If you enjoy teaching others, patient education is also a large part of the role of a nurse. There are many opportunities for teaching – teaching about medication dosages and side effects, demonstrating procedures to be performed in the home, educating persons regarding disease processes and the follow-up care at home.

Nurses also have a great ethical responsibility to uphold. Nurses are called to treat each patient with compassion and respect regardless of the way they choose to treat you and regardless of the reason they are being treated. Nurses are called to maintain patient privacy and the confidentiality of patient medical records at all times.

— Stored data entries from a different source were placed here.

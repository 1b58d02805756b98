-- ===== src/Express/Characters.antt =====
-- src/primihub/executor/express.cc: what `parseExpress` does at single characters, operators and
-- numbers.
use primihub.Prelude.{
  ℕ, ◌≤◌, ◌<◌, ◌≡◌, refl, sym, ap, ◌≢◌, ◌⊎◌, Bool, true, false, not, Option, none, some, List, [],
  ◌∷◌, ◌++◌, append-nil, append_assoc, arith, nat_beq, Bytes, All,
}
use primihub.Express.Parse.{
  normal, negative, flush, shift, unwind, first, priority, is_operator, left_bracket,
  parse_characters, step, take_character, close, read, right_bracket,
}
use primihub.Express.Grammar.{add, sub, mul, div, Operator, symbol, rank, IsPlain}

abbrev pub opt : Bytes → List Bytes
opt [] = []
opt (c ∷ s) = (c ∷ s) ∷ []

pub flush-opt :
    (temp : Bytes) (ops out : List Bytes)
    → flush (record { temp = temp; ops = ops; out = out })
      ≡ record { temp = []; ops = ops; out = out ++ opt temp }
unfolding flush
flush-opt [] ops out = ap (λ o. record { temp = []; ops = ops; out = o }) (sym (append-nil out))
flush-opt (c ∷ s) ops out = refl

-- An operator of rank `p` leaves these operators where they are.
abbrev pub IsBelow : ℕ → List Bytes → Type 0
IsBelow p [] = Unit
IsBelow p (t ∷ ops) = (first t ≡ left_bracket) ⊎ (priority (first t) < p)

-- An operator of rank `p` makes this one leave the stack.
abbrev pub Leaves : ℕ → Bytes → Type 0
Leaves p t = (p ≤ priority (first t)) × (first t ≢ left_bracket)

pub symbol-priority : (o : Operator) → priority (symbol o) ≡ rank o
unfolding priority
symbol-priority add = refl
symbol-priority sub = refl
symbol-priority mul = refl
symbol-priority div = refl

pub symbol-is_operator : (o : Operator) → is_operator (symbol o) ≡ true
unfolding is_operator
symbol-is_operator add = refl
symbol-is_operator sub = refl
symbol-is_operator mul = refl
symbol-is_operator div = refl

shift-below :
    (c p : ℕ) (ops out : List Bytes)
    → priority c ≡ p
    → IsBelow p ops
    → shift c ops out ≡ ((c ∷ []) ∷ ops, out)
unfolding shift
shift-below c p [] out e b = refl
shift-below c p (t ∷ ops) out e b = ground (arith, e, b)

pub shift-Leaves :
    (c p : ℕ) (q ops out : List Bytes)
    → priority c ≡ p
    → All (Leaves p) q
    → IsBelow p ops
    → shift c (q ++ ops) out ≡ ((c ∷ []) ∷ ops, out ++ q)
unfolding shift
shift-Leaves c p [] ops out e h b = rw (append-nil out) (shift-below c p ops out e b)
shift-Leaves c p (t ∷ q) ops out e h b =
    ground
      (arith, h.0, e, shift-Leaves c p q ops (out ++ t ∷ []) e h.1 b, append_assoc out (t ∷ []) q)

pub unwind-Leaves :
    (p : ℕ) (q ops out : List Bytes)
    → All (Leaves p) q
    → unwind [] (q ++ ((left_bracket ∷ []) ∷ ops)) out
      ≡ record { temp = []; ops = (left_bracket ∷ []) ∷ ops; out = out ++ q }
unfolding unwind flush first
unwind-Leaves p [] ops out h = ground (arith, append-nil out)
unwind-Leaves p (t ∷ q) ops out h =
    ground (arith, h.0, unwind-Leaves p q ops (out ++ t ∷ []) h.1, append_assoc out (t ∷ []) q)

-- The character before an operator, behind an operand.
abbrev pub after_operand : Option ℕ → Bool
after_operand none = false
after_operand (some c) = not (nat_beq c left_bracket)

abbrev pub last : Option ℕ → Bytes → Option ℕ
last previous [] = previous
last previous (c ∷ s) = last (some c) s

pub last-after_operand :
    (previous : Option ℕ) (c : ℕ) (s : Bytes)
    → All IsPlain (c ∷ s)
    → after_operand (last previous (c ∷ s)) ≡ true
last-after_operand previous c [] h = ground (arith, h.0)
last-after_operand previous c (d ∷ s) h = last-after_operand (some c) d s h.1

pub parse-plain :
    (s rest temp : Bytes) (previous : Option ℕ) (ops out : List Bytes)
    → All IsPlain s
    → parse_characters normal previous (s ++ rest) (record { temp = temp; ops = ops; out = out })
      ≡ parse_characters normal
          (last previous s)
          rest
          (record { temp = temp ++ s; ops = ops; out = out })
unfolding parse_characters step take_character is_operator read
parse-plain [] rest temp previous ops out h = rw (append-nil temp) refl
parse-plain (c ∷ s) rest temp previous ops out h = ground (
  arith,
  h.0,
  parse-plain s rest (temp ++ c ∷ []) (some c) ops out h.1,
  append_assoc temp (c ∷ []) s,
)

-- The number behind `(-`.
pub parse-negative :
    (s rest temp : Bytes) (previous : Option ℕ) (ops out : List Bytes)
    → All IsPlain s
    → parse_characters negative previous
        (s ++ (right_bracket ∷ rest))
        (record { temp = temp; ops = (left_bracket ∷ []) ∷ ops; out = out })
      ≡ parse_characters normal
          (some right_bracket)
          rest
          (record { temp = temp ++ s; ops = ops; out = out })
unfolding parse_characters step take_character close unwind read is_operator
parse-negative [] rest temp previous ops out h = rw (append-nil temp) refl
parse-negative (c ∷ s) rest temp previous ops out h = ground (
  arith,
  h.0,
  parse-negative s rest (temp ++ c ∷ []) (some c) ops out h.1,
  append_assoc temp (c ∷ []) s,
)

Some positive aspects of a vocation in nursing include flexible hours, the accumulation of medical knowledge, invaluable life skills for a mother or a father, and the opportunities for personal witnessing to others in time of need. Due to the flexibility of scheduling for nurses, those of us who are mothers are able to keep up our nursing  license year after year and use this vocation in many ways over the course of a lifetime.

Yet nursing requires sacrifice as well, and some would tend to think of this as a negative aspect of the vocation.  It is not a job you can leave on the desk to finish up tomorrow morning!  Care of patients may require you to stay well past the time your shift has ended. And the day may not even end there. So many times you take home the memory of what you encountered that day. The impact of human suffering and distress creates an emotional burden which must be dealt with each and every day by a nurse.  Lives are entrusted to your care. People are depending on you to do the right thing and to provide the best possible care available. And a hospital never closes. People need to be cared for on weekends, holidays and all night long. There must be a commitment on the part of a nurse to work those night shifts and miss out on Thanksgiving dinners because of the vocation which he/she has chosen to perform.

A nursing vocation can bring the satisfaction at the end of the day that you have been busy in the work of serving and helping others. Nursing is an emotionally fulfilling and rewarding vocation. Nursing provides that chance to help others in time of need, to promote their welfare and bring smiles to their lives in a time when they may need it the most. If you have a heart for nursing I would strongly encourage you to choose this field for your vocation.


  1. Johnson and Johnson, 2012. Web. 6 July 2012.
  2. N.p., 2008. Web. 6 July 2012
  3. American  Nurses Association, 2012. Web. 6 July 2012.